● **ABOUT THIS EXERCISE**
Each line of the material below with the word "falling" is to be reported.

========================================================================

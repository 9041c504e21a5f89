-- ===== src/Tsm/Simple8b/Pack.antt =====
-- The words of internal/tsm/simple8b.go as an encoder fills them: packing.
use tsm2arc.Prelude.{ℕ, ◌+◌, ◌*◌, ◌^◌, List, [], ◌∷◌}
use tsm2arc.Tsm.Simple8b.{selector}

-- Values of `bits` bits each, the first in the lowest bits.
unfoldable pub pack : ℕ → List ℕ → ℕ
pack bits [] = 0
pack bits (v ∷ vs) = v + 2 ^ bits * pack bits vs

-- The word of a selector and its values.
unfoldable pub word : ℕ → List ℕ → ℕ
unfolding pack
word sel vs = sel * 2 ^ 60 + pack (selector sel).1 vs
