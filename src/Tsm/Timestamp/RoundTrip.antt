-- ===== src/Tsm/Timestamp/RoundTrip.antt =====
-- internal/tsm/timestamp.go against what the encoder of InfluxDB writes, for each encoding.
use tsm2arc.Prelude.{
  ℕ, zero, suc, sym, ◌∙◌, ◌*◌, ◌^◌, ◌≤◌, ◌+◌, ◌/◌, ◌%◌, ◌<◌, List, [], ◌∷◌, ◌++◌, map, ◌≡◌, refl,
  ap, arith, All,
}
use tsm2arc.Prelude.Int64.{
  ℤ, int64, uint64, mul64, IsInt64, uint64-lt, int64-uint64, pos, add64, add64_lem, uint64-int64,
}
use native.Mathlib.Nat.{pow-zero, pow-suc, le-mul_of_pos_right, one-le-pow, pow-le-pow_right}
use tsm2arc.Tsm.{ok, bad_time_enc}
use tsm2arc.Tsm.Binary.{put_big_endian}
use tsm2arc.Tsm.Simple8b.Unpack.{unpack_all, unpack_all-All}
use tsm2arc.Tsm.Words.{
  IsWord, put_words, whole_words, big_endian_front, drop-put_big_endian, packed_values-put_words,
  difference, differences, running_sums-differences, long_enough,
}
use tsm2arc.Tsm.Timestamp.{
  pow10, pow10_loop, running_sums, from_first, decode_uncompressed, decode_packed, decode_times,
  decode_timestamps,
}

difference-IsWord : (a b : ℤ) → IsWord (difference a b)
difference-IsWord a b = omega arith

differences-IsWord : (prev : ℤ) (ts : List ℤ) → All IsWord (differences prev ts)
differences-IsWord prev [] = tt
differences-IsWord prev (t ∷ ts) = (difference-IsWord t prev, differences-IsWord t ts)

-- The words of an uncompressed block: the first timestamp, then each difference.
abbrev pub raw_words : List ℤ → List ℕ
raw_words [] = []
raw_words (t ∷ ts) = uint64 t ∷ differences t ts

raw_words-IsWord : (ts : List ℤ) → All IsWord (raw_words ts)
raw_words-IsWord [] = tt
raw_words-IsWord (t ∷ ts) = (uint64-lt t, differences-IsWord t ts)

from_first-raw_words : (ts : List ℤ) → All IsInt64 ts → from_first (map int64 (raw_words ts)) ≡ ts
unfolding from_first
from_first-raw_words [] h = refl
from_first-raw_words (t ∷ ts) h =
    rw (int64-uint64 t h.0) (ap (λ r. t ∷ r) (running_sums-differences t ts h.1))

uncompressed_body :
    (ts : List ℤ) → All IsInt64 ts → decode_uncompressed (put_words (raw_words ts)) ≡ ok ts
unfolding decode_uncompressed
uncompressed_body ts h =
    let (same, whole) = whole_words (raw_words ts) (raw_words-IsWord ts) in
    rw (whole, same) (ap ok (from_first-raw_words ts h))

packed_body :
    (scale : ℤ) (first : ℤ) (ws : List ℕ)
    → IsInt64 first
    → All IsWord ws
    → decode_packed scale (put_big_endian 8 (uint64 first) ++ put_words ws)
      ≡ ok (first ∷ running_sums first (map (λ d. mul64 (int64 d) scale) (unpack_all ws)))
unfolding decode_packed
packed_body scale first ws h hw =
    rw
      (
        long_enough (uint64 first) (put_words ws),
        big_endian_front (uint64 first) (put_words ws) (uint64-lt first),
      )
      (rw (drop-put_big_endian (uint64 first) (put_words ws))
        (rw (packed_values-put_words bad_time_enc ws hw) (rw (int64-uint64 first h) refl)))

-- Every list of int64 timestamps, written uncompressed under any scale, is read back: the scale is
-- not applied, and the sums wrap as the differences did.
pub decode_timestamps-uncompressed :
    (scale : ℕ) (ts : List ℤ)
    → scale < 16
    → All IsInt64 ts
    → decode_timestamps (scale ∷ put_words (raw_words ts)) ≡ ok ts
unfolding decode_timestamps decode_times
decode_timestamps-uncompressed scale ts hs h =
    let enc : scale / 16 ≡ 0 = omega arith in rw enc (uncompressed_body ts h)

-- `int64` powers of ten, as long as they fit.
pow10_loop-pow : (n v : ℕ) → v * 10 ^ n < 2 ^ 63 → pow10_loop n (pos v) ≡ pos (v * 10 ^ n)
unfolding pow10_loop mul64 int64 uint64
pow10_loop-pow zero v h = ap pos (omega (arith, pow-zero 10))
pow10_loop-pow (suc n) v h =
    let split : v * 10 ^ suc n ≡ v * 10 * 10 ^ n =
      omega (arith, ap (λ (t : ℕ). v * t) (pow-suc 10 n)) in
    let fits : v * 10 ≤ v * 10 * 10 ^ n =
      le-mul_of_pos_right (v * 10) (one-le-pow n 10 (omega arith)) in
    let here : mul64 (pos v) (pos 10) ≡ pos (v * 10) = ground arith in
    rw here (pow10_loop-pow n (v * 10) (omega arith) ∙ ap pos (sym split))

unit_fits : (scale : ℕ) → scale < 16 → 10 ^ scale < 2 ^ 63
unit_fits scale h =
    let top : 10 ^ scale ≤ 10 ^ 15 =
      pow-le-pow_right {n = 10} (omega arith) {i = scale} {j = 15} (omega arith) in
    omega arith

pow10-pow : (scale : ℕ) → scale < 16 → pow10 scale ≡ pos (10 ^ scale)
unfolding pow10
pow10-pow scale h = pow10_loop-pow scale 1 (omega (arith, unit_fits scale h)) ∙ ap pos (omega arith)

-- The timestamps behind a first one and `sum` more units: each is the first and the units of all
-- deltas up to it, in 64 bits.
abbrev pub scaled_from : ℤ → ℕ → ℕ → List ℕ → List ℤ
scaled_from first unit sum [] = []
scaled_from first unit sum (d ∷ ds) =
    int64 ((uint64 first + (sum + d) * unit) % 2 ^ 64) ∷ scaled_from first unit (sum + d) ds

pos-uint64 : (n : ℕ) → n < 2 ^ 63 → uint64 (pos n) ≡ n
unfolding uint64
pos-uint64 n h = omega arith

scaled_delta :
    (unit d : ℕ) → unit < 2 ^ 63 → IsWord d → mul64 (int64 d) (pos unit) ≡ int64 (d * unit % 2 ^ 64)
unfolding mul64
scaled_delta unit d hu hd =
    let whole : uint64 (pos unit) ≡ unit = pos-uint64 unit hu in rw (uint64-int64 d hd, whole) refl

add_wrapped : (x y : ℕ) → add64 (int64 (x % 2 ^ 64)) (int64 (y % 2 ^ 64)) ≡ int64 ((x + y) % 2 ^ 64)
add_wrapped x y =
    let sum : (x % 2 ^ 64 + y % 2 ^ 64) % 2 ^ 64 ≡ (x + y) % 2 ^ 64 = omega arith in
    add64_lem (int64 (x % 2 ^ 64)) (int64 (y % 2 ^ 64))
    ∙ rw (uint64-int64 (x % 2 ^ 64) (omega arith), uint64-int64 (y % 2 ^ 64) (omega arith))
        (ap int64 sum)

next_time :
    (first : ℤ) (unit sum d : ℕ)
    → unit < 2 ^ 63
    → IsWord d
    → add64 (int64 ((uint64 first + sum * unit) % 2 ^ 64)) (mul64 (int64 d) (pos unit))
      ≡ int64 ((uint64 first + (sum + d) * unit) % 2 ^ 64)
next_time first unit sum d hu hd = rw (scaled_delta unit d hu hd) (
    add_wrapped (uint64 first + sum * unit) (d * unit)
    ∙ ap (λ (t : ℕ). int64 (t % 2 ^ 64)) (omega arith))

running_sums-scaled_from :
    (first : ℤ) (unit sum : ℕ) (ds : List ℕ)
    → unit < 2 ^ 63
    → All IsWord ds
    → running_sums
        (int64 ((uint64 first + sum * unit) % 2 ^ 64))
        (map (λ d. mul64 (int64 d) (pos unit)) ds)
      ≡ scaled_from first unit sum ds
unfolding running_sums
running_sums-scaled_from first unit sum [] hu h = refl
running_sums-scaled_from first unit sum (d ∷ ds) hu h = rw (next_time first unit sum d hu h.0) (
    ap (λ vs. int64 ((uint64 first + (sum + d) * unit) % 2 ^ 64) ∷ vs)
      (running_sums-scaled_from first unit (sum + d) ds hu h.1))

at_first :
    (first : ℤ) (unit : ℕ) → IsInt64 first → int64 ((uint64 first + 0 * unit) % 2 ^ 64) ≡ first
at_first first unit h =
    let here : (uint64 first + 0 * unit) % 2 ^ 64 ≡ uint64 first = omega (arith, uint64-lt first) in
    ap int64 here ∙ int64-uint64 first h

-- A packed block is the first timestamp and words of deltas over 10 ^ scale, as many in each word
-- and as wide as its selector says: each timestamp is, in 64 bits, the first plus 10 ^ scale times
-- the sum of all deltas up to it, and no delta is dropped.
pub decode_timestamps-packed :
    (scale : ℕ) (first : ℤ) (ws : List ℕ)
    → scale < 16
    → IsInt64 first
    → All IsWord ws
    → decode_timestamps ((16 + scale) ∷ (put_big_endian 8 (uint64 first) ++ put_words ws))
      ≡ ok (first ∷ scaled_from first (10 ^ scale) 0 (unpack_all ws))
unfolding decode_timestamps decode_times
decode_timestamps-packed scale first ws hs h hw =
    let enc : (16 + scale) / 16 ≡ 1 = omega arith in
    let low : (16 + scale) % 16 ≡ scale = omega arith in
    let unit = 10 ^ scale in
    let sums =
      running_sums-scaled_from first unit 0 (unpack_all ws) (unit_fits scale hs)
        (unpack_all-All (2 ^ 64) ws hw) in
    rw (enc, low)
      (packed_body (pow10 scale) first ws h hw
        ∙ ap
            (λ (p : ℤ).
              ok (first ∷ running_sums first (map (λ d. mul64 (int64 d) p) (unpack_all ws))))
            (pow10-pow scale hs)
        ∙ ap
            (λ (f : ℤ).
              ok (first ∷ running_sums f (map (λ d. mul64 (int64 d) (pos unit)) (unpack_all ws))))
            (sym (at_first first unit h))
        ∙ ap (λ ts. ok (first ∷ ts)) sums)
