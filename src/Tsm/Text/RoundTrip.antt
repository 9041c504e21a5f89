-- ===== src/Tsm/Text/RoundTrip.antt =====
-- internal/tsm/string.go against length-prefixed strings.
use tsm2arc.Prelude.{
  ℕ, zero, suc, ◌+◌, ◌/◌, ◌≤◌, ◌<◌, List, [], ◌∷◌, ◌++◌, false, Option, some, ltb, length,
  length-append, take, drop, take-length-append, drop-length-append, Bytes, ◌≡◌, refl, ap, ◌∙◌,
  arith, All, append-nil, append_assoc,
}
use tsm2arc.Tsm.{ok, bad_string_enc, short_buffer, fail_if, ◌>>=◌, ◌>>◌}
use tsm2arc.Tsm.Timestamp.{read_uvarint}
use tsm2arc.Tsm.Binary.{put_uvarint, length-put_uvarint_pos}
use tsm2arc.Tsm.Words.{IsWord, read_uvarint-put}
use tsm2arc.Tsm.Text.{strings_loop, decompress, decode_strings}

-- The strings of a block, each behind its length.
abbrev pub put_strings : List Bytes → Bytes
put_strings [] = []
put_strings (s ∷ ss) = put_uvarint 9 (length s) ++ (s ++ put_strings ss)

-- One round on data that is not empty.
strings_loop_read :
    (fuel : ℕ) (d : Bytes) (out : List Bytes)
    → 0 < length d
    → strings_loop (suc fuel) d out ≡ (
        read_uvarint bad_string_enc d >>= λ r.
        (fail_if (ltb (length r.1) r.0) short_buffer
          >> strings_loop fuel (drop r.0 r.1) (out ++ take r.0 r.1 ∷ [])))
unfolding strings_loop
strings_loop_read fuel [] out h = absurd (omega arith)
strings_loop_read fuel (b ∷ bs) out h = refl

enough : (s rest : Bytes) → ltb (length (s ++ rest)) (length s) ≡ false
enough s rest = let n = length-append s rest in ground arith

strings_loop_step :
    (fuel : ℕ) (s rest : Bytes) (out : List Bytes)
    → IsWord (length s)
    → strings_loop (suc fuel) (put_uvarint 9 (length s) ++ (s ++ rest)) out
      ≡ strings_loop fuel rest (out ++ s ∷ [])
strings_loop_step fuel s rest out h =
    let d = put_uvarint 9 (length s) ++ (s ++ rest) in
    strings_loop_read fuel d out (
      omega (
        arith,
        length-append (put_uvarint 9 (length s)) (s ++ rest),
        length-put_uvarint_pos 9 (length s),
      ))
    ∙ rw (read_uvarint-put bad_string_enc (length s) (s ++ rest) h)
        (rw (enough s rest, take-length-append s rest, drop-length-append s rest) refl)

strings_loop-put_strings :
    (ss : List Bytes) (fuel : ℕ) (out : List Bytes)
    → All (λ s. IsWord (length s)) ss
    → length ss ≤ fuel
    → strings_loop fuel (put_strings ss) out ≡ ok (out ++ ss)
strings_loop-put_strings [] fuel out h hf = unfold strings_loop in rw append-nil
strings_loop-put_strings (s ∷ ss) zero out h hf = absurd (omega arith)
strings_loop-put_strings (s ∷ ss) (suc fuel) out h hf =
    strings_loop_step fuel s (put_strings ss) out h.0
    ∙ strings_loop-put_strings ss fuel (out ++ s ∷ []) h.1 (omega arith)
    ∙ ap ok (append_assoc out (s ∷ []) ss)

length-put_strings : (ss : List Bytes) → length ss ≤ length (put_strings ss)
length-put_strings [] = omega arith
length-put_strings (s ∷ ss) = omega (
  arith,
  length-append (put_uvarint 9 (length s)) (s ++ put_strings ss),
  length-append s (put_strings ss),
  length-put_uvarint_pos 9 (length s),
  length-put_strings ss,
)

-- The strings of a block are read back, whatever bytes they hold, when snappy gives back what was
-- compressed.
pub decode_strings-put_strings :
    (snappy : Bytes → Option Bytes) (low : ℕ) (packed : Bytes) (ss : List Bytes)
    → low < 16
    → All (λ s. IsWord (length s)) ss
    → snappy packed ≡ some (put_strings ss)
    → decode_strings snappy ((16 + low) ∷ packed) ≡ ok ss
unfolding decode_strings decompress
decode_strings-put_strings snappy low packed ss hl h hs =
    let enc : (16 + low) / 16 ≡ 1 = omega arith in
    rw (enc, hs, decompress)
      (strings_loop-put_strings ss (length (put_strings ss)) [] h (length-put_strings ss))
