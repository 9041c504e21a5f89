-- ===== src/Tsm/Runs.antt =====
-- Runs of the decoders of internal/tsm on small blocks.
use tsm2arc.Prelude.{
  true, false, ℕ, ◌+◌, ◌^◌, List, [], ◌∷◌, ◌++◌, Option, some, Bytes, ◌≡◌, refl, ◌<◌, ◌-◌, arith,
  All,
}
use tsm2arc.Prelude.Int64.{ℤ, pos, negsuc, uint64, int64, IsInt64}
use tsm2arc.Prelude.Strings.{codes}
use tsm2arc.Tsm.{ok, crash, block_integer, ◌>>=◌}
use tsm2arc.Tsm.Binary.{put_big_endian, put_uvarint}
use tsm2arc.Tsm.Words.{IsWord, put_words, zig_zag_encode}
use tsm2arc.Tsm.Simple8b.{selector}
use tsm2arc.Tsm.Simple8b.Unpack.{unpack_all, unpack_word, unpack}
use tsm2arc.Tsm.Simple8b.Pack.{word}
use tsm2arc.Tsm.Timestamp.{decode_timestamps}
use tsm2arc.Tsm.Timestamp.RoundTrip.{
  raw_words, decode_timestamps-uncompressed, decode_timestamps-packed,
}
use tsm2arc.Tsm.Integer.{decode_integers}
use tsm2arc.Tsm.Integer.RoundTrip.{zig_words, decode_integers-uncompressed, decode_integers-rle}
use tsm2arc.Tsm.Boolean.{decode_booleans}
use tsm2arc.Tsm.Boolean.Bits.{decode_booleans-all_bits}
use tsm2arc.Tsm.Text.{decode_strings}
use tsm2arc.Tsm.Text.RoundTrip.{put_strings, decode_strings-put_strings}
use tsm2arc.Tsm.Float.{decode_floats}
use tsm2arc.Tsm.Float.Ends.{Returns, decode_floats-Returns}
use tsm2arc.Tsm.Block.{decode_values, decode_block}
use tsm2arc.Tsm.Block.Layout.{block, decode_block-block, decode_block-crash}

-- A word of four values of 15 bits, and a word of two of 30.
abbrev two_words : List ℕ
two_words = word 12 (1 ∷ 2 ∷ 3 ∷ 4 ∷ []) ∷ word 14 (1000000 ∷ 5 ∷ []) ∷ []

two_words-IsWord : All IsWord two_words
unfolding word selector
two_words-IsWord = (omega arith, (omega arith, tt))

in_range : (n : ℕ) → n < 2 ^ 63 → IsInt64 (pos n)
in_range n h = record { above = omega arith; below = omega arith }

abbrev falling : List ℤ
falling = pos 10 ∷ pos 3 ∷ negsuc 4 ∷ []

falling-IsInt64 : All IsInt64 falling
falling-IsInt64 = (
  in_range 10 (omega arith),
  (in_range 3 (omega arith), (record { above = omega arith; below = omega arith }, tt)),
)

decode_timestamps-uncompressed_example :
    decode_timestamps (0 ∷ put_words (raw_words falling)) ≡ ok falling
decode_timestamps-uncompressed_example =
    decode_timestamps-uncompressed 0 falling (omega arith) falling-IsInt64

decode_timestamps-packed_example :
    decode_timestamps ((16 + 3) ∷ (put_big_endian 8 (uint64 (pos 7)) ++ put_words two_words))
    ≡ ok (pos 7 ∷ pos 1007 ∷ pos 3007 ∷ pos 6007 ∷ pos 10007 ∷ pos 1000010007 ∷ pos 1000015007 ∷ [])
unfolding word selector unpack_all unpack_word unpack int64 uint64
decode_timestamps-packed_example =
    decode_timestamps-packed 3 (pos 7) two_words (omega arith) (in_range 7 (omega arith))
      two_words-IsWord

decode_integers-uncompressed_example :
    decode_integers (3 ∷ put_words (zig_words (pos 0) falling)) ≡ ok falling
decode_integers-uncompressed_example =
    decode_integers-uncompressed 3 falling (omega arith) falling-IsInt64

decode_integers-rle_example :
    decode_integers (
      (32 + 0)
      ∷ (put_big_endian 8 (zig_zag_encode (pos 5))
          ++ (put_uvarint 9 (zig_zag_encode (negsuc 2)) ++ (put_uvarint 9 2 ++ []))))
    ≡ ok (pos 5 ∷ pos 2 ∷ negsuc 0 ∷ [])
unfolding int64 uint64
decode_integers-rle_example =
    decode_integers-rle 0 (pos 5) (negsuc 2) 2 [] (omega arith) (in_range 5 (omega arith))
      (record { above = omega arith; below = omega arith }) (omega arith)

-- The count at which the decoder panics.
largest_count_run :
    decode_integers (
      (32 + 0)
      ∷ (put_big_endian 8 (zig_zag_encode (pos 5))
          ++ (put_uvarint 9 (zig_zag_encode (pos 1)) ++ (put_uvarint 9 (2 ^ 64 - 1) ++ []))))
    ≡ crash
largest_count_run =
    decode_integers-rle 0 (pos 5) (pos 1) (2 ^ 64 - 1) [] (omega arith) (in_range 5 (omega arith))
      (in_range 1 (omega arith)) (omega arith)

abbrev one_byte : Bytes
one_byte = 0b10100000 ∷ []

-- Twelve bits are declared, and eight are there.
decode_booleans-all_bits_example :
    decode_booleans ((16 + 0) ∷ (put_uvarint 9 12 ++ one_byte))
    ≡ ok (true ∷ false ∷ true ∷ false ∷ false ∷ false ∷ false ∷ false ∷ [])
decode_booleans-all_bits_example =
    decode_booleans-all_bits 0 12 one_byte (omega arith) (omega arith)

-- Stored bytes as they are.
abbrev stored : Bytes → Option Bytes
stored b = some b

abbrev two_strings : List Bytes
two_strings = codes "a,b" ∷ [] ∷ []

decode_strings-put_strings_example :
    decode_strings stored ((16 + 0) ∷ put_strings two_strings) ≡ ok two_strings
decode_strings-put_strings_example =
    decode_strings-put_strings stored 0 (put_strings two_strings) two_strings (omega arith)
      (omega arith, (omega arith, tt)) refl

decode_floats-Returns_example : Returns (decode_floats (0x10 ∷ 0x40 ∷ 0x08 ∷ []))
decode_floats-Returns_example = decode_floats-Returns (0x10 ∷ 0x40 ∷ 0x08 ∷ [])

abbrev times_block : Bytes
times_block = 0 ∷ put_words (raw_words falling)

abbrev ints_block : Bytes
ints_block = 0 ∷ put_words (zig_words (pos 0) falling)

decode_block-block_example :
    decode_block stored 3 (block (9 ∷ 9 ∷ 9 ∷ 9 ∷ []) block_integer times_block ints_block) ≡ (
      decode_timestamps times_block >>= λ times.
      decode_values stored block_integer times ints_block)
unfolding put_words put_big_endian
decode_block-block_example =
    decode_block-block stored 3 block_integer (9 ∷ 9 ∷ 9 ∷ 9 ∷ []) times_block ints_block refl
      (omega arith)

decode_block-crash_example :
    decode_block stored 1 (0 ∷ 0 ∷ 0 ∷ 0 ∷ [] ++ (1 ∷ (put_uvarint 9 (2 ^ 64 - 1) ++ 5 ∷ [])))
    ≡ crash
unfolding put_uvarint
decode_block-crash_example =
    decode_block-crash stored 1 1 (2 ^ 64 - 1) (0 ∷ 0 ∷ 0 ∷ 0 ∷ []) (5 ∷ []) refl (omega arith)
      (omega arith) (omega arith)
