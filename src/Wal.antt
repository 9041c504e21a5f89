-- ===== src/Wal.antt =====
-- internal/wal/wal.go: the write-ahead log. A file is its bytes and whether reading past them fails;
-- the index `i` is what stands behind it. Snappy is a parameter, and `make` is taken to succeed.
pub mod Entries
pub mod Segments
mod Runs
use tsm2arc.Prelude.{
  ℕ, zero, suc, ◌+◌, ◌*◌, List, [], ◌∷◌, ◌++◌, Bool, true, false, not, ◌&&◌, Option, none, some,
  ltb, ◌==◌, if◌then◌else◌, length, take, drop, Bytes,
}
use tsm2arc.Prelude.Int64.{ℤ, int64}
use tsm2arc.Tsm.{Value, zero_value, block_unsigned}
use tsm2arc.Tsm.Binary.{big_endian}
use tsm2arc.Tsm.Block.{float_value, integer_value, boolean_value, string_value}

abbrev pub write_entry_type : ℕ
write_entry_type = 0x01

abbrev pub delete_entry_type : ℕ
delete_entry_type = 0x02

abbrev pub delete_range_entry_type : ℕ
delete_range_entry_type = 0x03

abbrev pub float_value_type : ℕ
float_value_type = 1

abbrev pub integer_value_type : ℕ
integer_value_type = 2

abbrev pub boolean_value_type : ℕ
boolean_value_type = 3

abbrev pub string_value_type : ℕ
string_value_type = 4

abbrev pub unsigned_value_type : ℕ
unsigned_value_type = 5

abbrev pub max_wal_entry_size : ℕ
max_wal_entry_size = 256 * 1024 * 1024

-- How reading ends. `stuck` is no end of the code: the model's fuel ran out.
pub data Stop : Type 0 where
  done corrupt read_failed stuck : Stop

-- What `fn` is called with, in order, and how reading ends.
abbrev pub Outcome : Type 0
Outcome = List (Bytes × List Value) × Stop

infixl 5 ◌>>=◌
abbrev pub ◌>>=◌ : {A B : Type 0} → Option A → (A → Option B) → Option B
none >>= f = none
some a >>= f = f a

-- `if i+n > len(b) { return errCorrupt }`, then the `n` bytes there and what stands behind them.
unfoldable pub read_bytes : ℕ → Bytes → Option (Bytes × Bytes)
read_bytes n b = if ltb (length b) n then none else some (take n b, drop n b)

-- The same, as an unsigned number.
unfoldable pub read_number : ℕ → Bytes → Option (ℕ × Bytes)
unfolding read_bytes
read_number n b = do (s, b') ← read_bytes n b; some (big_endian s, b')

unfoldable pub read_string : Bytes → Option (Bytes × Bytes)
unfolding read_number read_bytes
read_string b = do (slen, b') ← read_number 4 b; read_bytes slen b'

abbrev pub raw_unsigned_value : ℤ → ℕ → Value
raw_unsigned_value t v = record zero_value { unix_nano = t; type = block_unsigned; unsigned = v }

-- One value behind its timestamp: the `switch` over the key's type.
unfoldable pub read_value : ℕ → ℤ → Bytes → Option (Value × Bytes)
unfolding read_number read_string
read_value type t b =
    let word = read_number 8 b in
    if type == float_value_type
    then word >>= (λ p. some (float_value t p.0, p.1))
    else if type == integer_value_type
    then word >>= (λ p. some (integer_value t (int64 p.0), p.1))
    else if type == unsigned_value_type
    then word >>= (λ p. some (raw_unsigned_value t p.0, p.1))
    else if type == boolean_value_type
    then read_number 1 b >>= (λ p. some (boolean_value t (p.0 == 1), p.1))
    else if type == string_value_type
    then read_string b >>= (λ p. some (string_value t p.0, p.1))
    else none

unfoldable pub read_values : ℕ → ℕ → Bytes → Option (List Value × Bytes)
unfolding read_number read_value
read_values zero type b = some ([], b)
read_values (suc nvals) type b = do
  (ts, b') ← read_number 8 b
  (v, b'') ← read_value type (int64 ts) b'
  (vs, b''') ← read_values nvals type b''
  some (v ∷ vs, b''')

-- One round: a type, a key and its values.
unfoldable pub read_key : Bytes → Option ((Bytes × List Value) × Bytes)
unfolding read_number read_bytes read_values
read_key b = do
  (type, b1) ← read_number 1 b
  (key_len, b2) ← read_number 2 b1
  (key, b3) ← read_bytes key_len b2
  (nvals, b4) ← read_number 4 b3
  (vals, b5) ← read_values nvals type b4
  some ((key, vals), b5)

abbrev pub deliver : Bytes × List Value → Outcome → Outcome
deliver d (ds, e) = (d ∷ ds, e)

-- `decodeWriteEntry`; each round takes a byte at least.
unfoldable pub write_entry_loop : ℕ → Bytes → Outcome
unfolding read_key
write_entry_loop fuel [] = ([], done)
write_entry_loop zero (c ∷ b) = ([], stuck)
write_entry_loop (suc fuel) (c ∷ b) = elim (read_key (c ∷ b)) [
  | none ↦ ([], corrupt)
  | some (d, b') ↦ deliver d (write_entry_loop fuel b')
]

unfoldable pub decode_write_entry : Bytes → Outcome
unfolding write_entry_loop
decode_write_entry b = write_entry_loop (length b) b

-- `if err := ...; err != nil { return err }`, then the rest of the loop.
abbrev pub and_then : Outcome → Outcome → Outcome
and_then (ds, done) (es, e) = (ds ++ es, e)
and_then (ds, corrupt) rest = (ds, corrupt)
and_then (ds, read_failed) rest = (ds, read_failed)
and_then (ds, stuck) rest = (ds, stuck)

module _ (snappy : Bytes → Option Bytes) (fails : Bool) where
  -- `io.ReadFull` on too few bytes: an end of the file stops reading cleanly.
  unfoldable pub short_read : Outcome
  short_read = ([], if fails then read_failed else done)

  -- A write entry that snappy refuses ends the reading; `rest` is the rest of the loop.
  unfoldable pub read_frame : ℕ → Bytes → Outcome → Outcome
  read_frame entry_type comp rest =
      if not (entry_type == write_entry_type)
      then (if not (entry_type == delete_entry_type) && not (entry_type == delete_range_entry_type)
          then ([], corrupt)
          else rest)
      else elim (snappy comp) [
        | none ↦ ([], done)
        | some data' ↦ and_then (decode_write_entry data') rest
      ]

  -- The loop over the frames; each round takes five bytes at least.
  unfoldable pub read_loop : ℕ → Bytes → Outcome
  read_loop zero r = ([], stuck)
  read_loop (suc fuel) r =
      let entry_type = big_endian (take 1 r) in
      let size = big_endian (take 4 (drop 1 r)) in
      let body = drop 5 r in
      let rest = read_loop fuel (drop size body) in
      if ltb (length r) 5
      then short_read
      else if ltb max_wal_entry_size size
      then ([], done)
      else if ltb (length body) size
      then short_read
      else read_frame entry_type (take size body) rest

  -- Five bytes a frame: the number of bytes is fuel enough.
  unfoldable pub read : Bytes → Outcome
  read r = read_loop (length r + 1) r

========================================================================

● **ANSWER TO THE EXERCISE**
abbrev falling : List ℤ
falling = pos 10 ∷ pos 3 ∷ negsuc 4 ∷ []
falling-IsInt64 : All IsInt64 falling
falling-IsInt64 = (
    decode_timestamps (0 ∷ put_words (raw_words falling)) ≡ ok falling
    decode_timestamps-uncompressed 0 falling (omega arith) falling-IsInt64
    decode_integers (3 ∷ put_words (zig_words (pos 0) falling)) ≡ ok falling
    decode_integers-uncompressed 3 falling (omega arith) falling-IsInt64
times_block = 0 ∷ put_words (raw_words falling)
ints_block = 0 ∷ put_words (zig_words (pos 0) falling)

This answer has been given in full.